7

3.4K 323 34
                                    

Sehari setelah kejadian kemarin.

Melody masih berada di ambang pintu ruang rawat Lidya. Jujur, ia gugup untuk masuk ke dalam. Bertatap muka dengan Lidya membuat ia mengingat kejadian kemarin yang benar-benar diluar dugaannya. Jantungnya terus berdegup kencang.

"Lidya sialan"

"Capek tauk bolak-balik ke toilet terus. Huft"

"Aku gak boleh deg-degan. Aku gak boleh gugup kaya gini. Issh. Aku harus marah. Liat aja nanti."

Bagaikan naruto yang sedang mengisi chakra. Melody mengumpulkan kekuatannya agar bisa membuka pintu dengan tangannya sendiri.

Kreee...ettt

Melody hanya membuka sedikit pintunya, berniat mengintip sebentar apa yang sedang Lidya lakukan. Ternyata Lidya sedang duduk sambil memotong buah apel.

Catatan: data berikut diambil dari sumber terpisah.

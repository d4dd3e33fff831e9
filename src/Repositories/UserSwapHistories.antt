-- ===== src/Repositories/UserSwapHistories.antt =====
-- backend/src/modules/swap/repositories/user-swap-history.repository.ts
use web3_point_exchange.Common.{ℕ, ℤ, Bool, Option, none, some, List, map, ◌==◌, ◌&&◌}
use web3_point_exchange.Entities.{
  UserSwapHistory, SwapType, SwapStatus, swap_type_value, swap_status_value,
}
use web3_point_exchange.Platform.{Platform, desc}
use web3_point_exchange.Repositories.Query.{Paging, or_default, passes, passes_last}
use web3_point_exchange.World.{Db, Action, Conn, ok, err, db_rejected, gets, store, written}

unfoldable pub by_id : ℕ → UserSwapHistory → Bool
by_id i r = r.user_swap_history_id == i

unfoldable pub ids : List UserSwapHistory → List ℕ
ids = map λ r. r.user_swap_history_id

unfoldable pub set_status : SwapStatus → ℕ → UserSwapHistory → UserSwapHistory
set_status s now r = record r { status = s; updated_at = now }

pub record Query : Type 0 where
  pub user_id : Option ℕ
  pub type : Option ℕ
  pub status : Option ℕ
  pub paging : Paging

unfoldable pub matches : Query → UserSwapHistory → Bool
matches q r =
    passes q.user_id r.user_id
    && (passes q.type (swap_type_value r.type)
        && (passes q.status (swap_status_value r.status)
            && passes_last q.paging.last_id (or_default desc q.paging.order)
                r.user_swap_history_id))

module _ ⦃p : Platform⦄ where
  unfoldable pub find_by_id : ℕ → Action (Option UserSwapHistory)
  find_by_id i = gets (λ w. p.find_one (by_id i) w.db.user_swap_histories)

  unfoldable pub create : ℕ → SwapType → ℤ → ℤ → SwapStatus → Conn → Action UserSwapHistory
  create u type amount_point amount_token status c w =
      let d : Db = written c w in
      let row : UserSwapHistory = record {
        user_swap_history_id = p.fresh (ids d.user_swap_histories);
        user_id = u;
        type = type;
        amount_point = amount_point;
        amount_token = amount_token;
        status = status;
        token_mint_history_id = none;
        token_burn_history_id = none;
        created_at = w.now;
        updated_at = w.now;
      } in
      elim (p.insert row d.user_swap_histories) [
        | none ↦ (err db_rejected, w)
        | some t ↦ (ok row, store c (record d { user_swap_histories = t }) w)
      ]

  unfoldable pub get_with_pagination : Query → Action (List UserSwapHistory × ℕ)
  get_with_pagination q = gets (λ w.
      p.page (matches q) (λ r. r.created_at) (or_default desc q.paging.order)
        (or_default 0 q.paging.offset) (or_default 10 q.paging.limit) w.db.user_swap_histories)

  -- The entity is looked up through the pool, also when the write goes through a transaction. `data`
  -- is given as what `Object.assign` makes of the entity; `save` sets the update date too, which it does
  -- when a column changes: the callers set a key that the entity does not have yet.
  unfoldable pub update :
      ℕ → (UserSwapHistory → UserSwapHistory) → Conn → Action (Option UserSwapHistory)
  update i assign c w = elim (p.find_one (by_id i) w.db.user_swap_histories) [
    | none ↦ (ok none, w)
    | some r ↦
        let d : Db = written c w in
        let saved : UserSwapHistory = record (assign r) { updated_at = w.now } in
        elim (p.update (by_id i) (λ _. saved) d.user_swap_histories) [
          | none ↦ (err db_rejected, w)
          | some t ↦ (ok (some saved), store c (record d { user_swap_histories = t }) w)
        ]
  ]

  unfoldable pub update_status : ℕ → SwapStatus → Conn → Action (Unit {0})
  update_status i s c w =
      let d : Db = written c w in
      elim (p.update (by_id i) (set_status s w.now) d.user_swap_histories) [
        | none ↦ (err db_rejected, w)
        | some t ↦ (ok tt, store c (record d { user_swap_histories = t }) w)
      ]
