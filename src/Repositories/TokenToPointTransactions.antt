-- ===== src/Repositories/TokenToPointTransactions.antt =====
-- backend/src/modules/token/repositories/token-to-point-transaction.repository.ts
use web3_point_exchange.Common.{
  ℕ, ℤ, Bool, true, false, Option, none, some, List, [], ◌∷◌, map, ◌==◌, ◌&&◌, contains,
}
use web3_point_exchange.Entities.{TokenToPointTransaction, TokenStatus, token_status_value}
use web3_point_exchange.Platform.{Platform, desc}
use web3_point_exchange.Repositories.Query.{Paging, or_default, passes, passes_last}
use web3_point_exchange.World.{Db, Action, Conn, pure, ok, err, db_rejected, gets, store, written}

unfoldable pub by_id : ℕ → TokenToPointTransaction → Bool
by_id i r = r.token_to_point_transaction_id == i

-- `transaction_hash = :hash`, which no row with a NULL hash meets.
unfoldable pub by_hash : ℕ → TokenToPointTransaction → Bool
by_hash h r = elim r.transaction_hash [ none ↦ false | some k ↦ k == h ]

-- `= ids[0]` for one id and `In(ids)` for more.
unfoldable pub among : List ℕ → TokenToPointTransaction → Bool
among is r = contains r.token_to_point_transaction_id is

unfoldable pub ids : List TokenToPointTransaction → List ℕ
ids = map λ r. r.token_to_point_transaction_id

unfoldable pub set_status : TokenStatus → ℕ → TokenToPointTransaction → TokenToPointTransaction
set_status s now r = record r { status = s; updated_at = now }

pub record Query : Type 0 where
  pub transaction_hash : Option ℕ
  pub status : Option ℕ
  pub paging : Paging

unfoldable pub matches : Query → TokenToPointTransaction → Bool
unfolding by_hash
matches q r =
    (elim q.transaction_hash [ none ↦ true | some h ↦ by_hash h r ])
    && (passes q.status (token_status_value r.status)
        && passes_last q.paging.last_id (or_default desc q.paging.order)
            r.token_to_point_transaction_id)

module _ ⦃p : Platform⦄ where
  unfoldable pub find_by_id : ℕ → Action (Option TokenToPointTransaction)
  find_by_id i = gets (λ w. p.find_one (by_id i) w.db.token_to_point_transactions)

  unfoldable pub find_by_transaction_hash : ℕ → Action (List TokenToPointTransaction)
  find_by_transaction_hash h = gets (λ w. p.find (by_hash h) w.db.token_to_point_transactions)

  unfoldable pub update_status_by_ids : List ℕ → TokenStatus → Conn → Action (Unit {0})
  update_status_by_ids [] s c = pure tt
  update_status_by_ids (i ∷ is) s c = λ w.
      let d : Db = written c w in
      elim (p.update (among (i ∷ is)) (set_status s w.now) d.token_to_point_transactions) [
        | none ↦ (err db_rejected, w)
        | some t ↦ (ok tt, store c (record d { token_to_point_transactions = t }) w)
      ]

  unfoldable pub get_with_pagination : Query → Action (List TokenToPointTransaction × ℕ)
  get_with_pagination q = gets (λ w.
      p.page (matches q) (λ r. r.token_to_point_transaction_id) (or_default desc q.paging.order)
        (or_default 0 q.paging.offset) (or_default 10 q.paging.limit)
        w.db.token_to_point_transactions)

  unfoldable pub create : ℕ → TokenStatus → ℤ → Conn → Action TokenToPointTransaction
  create hash status amount c w =
      let d : Db = written c w in
      let row : TokenToPointTransaction = record {
        token_to_point_transaction_id = p.fresh (ids d.token_to_point_transactions);
        transaction_hash = some hash;
        status = status;
        amount = amount;
        created_at = w.now;
        updated_at = w.now;
      } in
      elim (p.insert row d.token_to_point_transactions) [
        | none ↦ (err db_rejected, w)
        | some t ↦ (ok row, store c (record d { token_to_point_transactions = t }) w)
      ]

Dengan menarik nafasnya sebentar Melody pun masuk tanpa suara, tidak seperti hari-hari biasanya yang selalu ia mulai dengan sapaan pagi ke Lidya. Melody mulai menyibukkan dirinya sendiri dengan berbagai macam hal dari yang aneh sampai yang belum pernah ia lakukan sebelumnya. Mulai dari mengusap-usap kaca yang terlihat kotor, hingga mengopet-opet cat tembok rumah sakit yang terlihat retak. Lidya yang melihatnya seperti itu hanya diam saja, karena ia juga merasa sedikit canggung setelah kejadian kemarin. Sampai akhirnya dering ponsel menghentikan aktifitas tidak berfaedah Melody.

Melody terlihat senang saat melihat nama yang tertera di handphone-nya. Ia mendapat pesan singkat dari Veranda yang mungkin bisa sedikit mengusir rasa nervousnya kali ini terhadap Lidya selain melakukan aktifitas bodohnya tersebut. Segeralah Melody membuka aplikasi chatnya untuk melihat pesan dari Veranda.

Aku gak mau tau, pokoknya kamu jemput aku sekarang. Kinayyy , udah 3 hari juga kita gak ketemu, kamu gak kangen apa nay ? Huhuhu kangen ="[

Melody memutar matanya sebal setelah membaca pesan dari Veranda. Sudah dapat Melody pastikan jika Veranda hanya salah kirim, tapi Melody tetap membalas pesan tersebut. Agar punya kesibukan.

Apaan sih ve -___-

send.

Melody berharap Veranda cepat membalas pesannya saat ini juga karena Melody tidak punya aktifitas lain yang membuat ia harus terlihat sibuk agar supaya ia tidak berdiam diri dan merasa canggung saat matanya menangkap manik mata Lidya yang diam-diam meliriknya beberapa kali.

Lidya mencoba untuk tetap cuek, tidak peduli apa yang Melody lakukan saat ini. Ia terus memotong apel-apel nya hinga akhirnya....

"Auu..asshhh..ahh"

Suara yang keluar dari mulut Lidya membuat pandangan Melody pun teralihkan pada Lidya yang kini jari telunjuknya berdarah.

Melody yang sedang duduk di sofa pun langsung bangkit ke arah Lidya dan memegang tangannya.

"Lid, kamu...sebentar-sebentar aku ambil plester dulu ya."

Dengan sedikit panik Melody mulai membongkar isi tasnya untuk mencari kapas, plester dan obat merah. Untungnya Melody memang terbiasa membawa barang-barang P3K didalam tasnya, hanya untuk jaga-jaga semisal dia terluka.

Melody pun membersihkan darah di jari telunjuk Lidya dan memberikannya obat merah pada bagian yang luka. Lalu menutupinya dengan kapas dan plester dengan teliti. Lidya yang diperlakukan seperti ini hanya terdiam dan menatap Melody lekat-lekat. Satu sisi dihatinya merasa senang atas perhatian Melody.

"Kenapa gak panggil dokter aja?," ujar Lidya menyadarkan Melody yang masih fokus merawat jari telunjuknya.

"A...aku panik..eh, engga. Aku reflek deh.. Oh iya ya ini kan rumah sakit. Kenapa gak panggil dokter aja ya, hhh."